Can anyone from Invenia explain how they make money or what they're trying to
do? I work with electricity market optimization every day (main topic listed
on their blog and site) and am curious what they're trying to bring to the
table. There are already lots of vendors in this area (ABB, Siemens, GE) that
use the state of the art MIP/LP solvers to run the US grid (what CAISO, PJM,
SPP, MISO, NYISO, ISO-NE, and ERCOT all do). On the retail side (think DER
aggregators) I know SolarCity is trying to get into that game.

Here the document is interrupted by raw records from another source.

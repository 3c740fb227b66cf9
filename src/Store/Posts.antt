-- ===== src/Store/Posts.antt =====
-- The queries on posts of internal/store/queries.go.
use open_blog.Base.{
  ℕ, Bool, true, false, not, ◌&&◌, ◌||◌, ◌==◌, nat_eq, text_eq_instance, string_eq, Option, none,
  some, List, [], ◌∷◌, map, if◌then◌else◌, any, find, select, update_where, sort_by, ltb, Text,
  codes, String,
}
use open_blog.Store.Errors.{Error, ok, err}
use open_blog.Store.Rows.{Db, Post, PostStatus, Import}
use open_blog.Store.Rows.PostStatus.{draft, published, archived}
use open_blog.Store.Tx.{Scope, visible, Read, Tx, row}

unfoldable pub status_text : PostStatus → String
status_text published = "published"
status_text archived = "archived"
status_text draft = "draft"

unfoldable pub parse_post_status : String → Option PostStatus
parse_post_status s =
    if s == "draft"
    then some draft
    else if s == "published"
    then some published
    else if s == "archived"
    then some archived
    else none

-- The row of this id that the scope sees.
abbrev pub is_row : Scope → ℕ → Post → Bool
is_row s id p = p.id == id && visible s p.tenant_id

unfoldable pub get_post_by_id : Scope → ℕ → Read Post
get_post_by_id s id db = row (find (is_row s id) db.posts)

unfoldable pub slug_exists : Scope → ℕ → Text → Read Bool
slug_exists s tenant slug db =
    ok (any (λ p. (p.tenant_id == tenant && p.slug == slug) && visible s p.tenant_id) db.posts)

-- What `RETURNING` gives, with the table after it.
abbrev pub with_posts : Db → List Post → Db
with_posts db rows = record db { posts = rows }

unfoldable pub empty_object : Text
empty_object = codes "{}"

-- `coalesce($9, '{}'::jsonb)`; a nil slice is the empty text.
-- `coalesce($9, '{}'::jsonb)`: none where the text is no JSON.
abbrev pub metadata_of : (to_jsonb : Text → Option Text) → Text → Option Text
metadata_of to_jsonb [] = some empty_object
metadata_of to_jsonb (c ∷ m) = to_jsonb (c ∷ m)

-- The unique constraints on posts: the primary key, and the slug within a tenant.
abbrev pub post_conflict : Post → Post → Bool
post_conflict p q = q.id == p.id || (q.tenant_id == p.tenant_id && q.slug == p.slug)

-- INSERT: the policy's WITH CHECK, then the unique indexes, then the foreign keys.
abbrev pub insert_post : Scope → (now : ℕ) → Post → Option Text → Tx Post
insert_post s now p none db = err Error.invalid_text_representation
insert_post s now p (some metadata) db =
    let inserted : Post = record p {
      status = draft;
      published_at = none;
      metadata = metadata;
      created_at = now;
      updated_at = now;
    } in
    if not (visible s p.tenant_id)
    then err Error.row_security_violation
    else if any (post_conflict p) db.posts
    then err Error.unique_violation
    else if not
        (any (λ t. t.id == p.tenant_id) db.tenants && any (λ u. u.id == p.author_id) db.users)
    then err Error.foreign_key_violation
    else ok (inserted, with_posts db (inserted ∷ db.posts))

-- The parameters are read first, of which one is `jsonb`.
unfoldable pub create_post : (to_jsonb : Text → Option Text) → Scope → (now : ℕ) → Post → Tx Post
create_post to_jsonb s now p db = insert_post s now p (metadata_of to_jsonb p.metadata) db

-- UPDATE of the mutable fields of one row. The metadata is not among them.
abbrev pub rewritten : (now : ℕ) → Post → Post → Post
rewritten now q p = record p {
  title = q.title;
  slug = q.slug;
  excerpt = q.excerpt;
  content_markdown = q.content_markdown;
  content_html = q.content_html;
  updated_at = now;
}

-- Another row of the tenant holds the slug that the row `p` is given.
abbrev pub slug_conflict : Post → Text → Post → Bool
slug_conflict p slug q = not (q.id == p.id) && (q.tenant_id == p.tenant_id && q.slug == slug)

abbrev pub update_post_at : Scope → ℕ → Post → Option Post → Tx Post
update_post_at s now q none db = err Error.no_rows
update_post_at s now q (some p) db =
    if any (slug_conflict p q.slug) db.posts
    then err Error.unique_violation
    else ok
        (rewritten now q p, with_posts db (update_where (is_row s q.id) (rewritten now q) db.posts))

unfoldable pub update_post : Scope → (now : ℕ) → Post → Tx Post
update_post s now q db = update_post_at s now q (find (is_row s q.id) db.posts) db

abbrev pub with_status : (now : ℕ) → PostStatus → Option ℕ → Text → Post → Post
with_status now status published_at html p = record p {
  status = status;
  published_at = published_at;
  content_html = html;
  updated_at = now;
}

abbrev pub set_post_status_at : Scope → ℕ → ℕ → (Post → Post) → Option Post → Tx Post
set_post_status_at s now id f none db = err Error.no_rows
set_post_status_at s now id f (some p) db =
    ok (f p, with_posts db (update_where (is_row s id) f db.posts))

unfoldable pub set_post_status : Scope → (now id : ℕ) → PostStatus → Option ℕ → Text → Tx Post
set_post_status s now id status published_at html db =
    set_post_status_at s now id (with_status now status published_at html)
      (find (is_row s id) db.posts) db

abbrev pub unlink : ℕ → Import → Import
unlink id i = record i { post_id = none }

abbrev pub is_linked : ℕ → Import → Bool
is_linked id i = elim i.post_id [ none ↦ false | some p ↦ p == id ]

-- DELETE of the rows in view; the foreign keys delete the images of a deleted post and clear the
-- link of an import to it.
unfoldable pub delete_post : Scope → ℕ → Tx (Unit {0})
delete_post s id db =
    let gone : Bool = any (is_row s id) db.posts in
    ok (
      tt,
      record db {
        posts = select (λ p. not (is_row s id p)) db.posts;
        images = select (λ i. not (gone && i.post_id == id)) db.images;
        imports = update_where (λ i. gone && is_linked id i) (unlink id) db.imports;
      },
    )

pub record PostSummary : Type 0 where
  pub id : ℕ
  pub tenant_id : ℕ
  pub author_id : ℕ
  pub slug : Text
  pub title : Text
  pub excerpt : Text
  pub status : PostStatus
  pub published_at : Option ℕ
  pub created_at : ℕ

abbrev pub summary_of : Post → PostSummary
summary_of p = record {
  id = p.id;
  tenant_id = p.tenant_id;
  author_id = p.author_id;
  slug = p.slug;
  title = p.title;
  excerpt = p.excerpt;
  status = p.status;
  published_at = p.published_at;
  created_at = p.created_at;
}

-- `order by created_at desc, id desc`.
abbrev pub newer : Post → Post → Bool
newer a b = ltb b.created_at a.created_at || (a.created_at == b.created_at && not (ltb a.id b.id))

abbrev pub status_open : Option String → PostStatus → Bool
status_open none status = true
status_open (some s) status = status_text status == s

abbrev pub author_open : Option ℕ → ℕ → Bool
author_open none author = true
author_open (some a) author = author == a

-- The WHERE clause of the list, with the policy.
abbrev pub is_listed : Scope → Option String → Option ℕ → Post → Bool
is_listed s status author p =
    (status_open status p.status && author_open author p.author_id) && visible s p.tenant_id

-- A status that is no `post_status` makes the cast fail; the caller sees an unnamed SQL error.
unfoldable pub list_post_summaries : Scope → Option String → Option ℕ → Read (List PostSummary)
list_post_summaries s status author db =
    let rows = map summary_of (sort_by newer (select (is_listed s status author) db.posts)) in
    elim status [
      | none ↦ ok rows
      | some t ↦ elim (parse_post_status t) [
        | none ↦ err Error.invalid_text_representation
        | some _ ↦ ok rows
      ]
    ]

Julia is a great numerical language and it has a good solver agnostic library,
but rewriting stuff in Julia won't get you much of a gain in this market. You
mention machine learning which has several use cases for the grid, but I don't
see a product or a mention of Invenia working with any utilities, ISOs, or
vendors.

Btw: I hope I don't come across as negative (I wish you the best of luck). I
do see a lot of companies do things like try to sell block chain to utilities
without them even knowing what kinds of problems they have.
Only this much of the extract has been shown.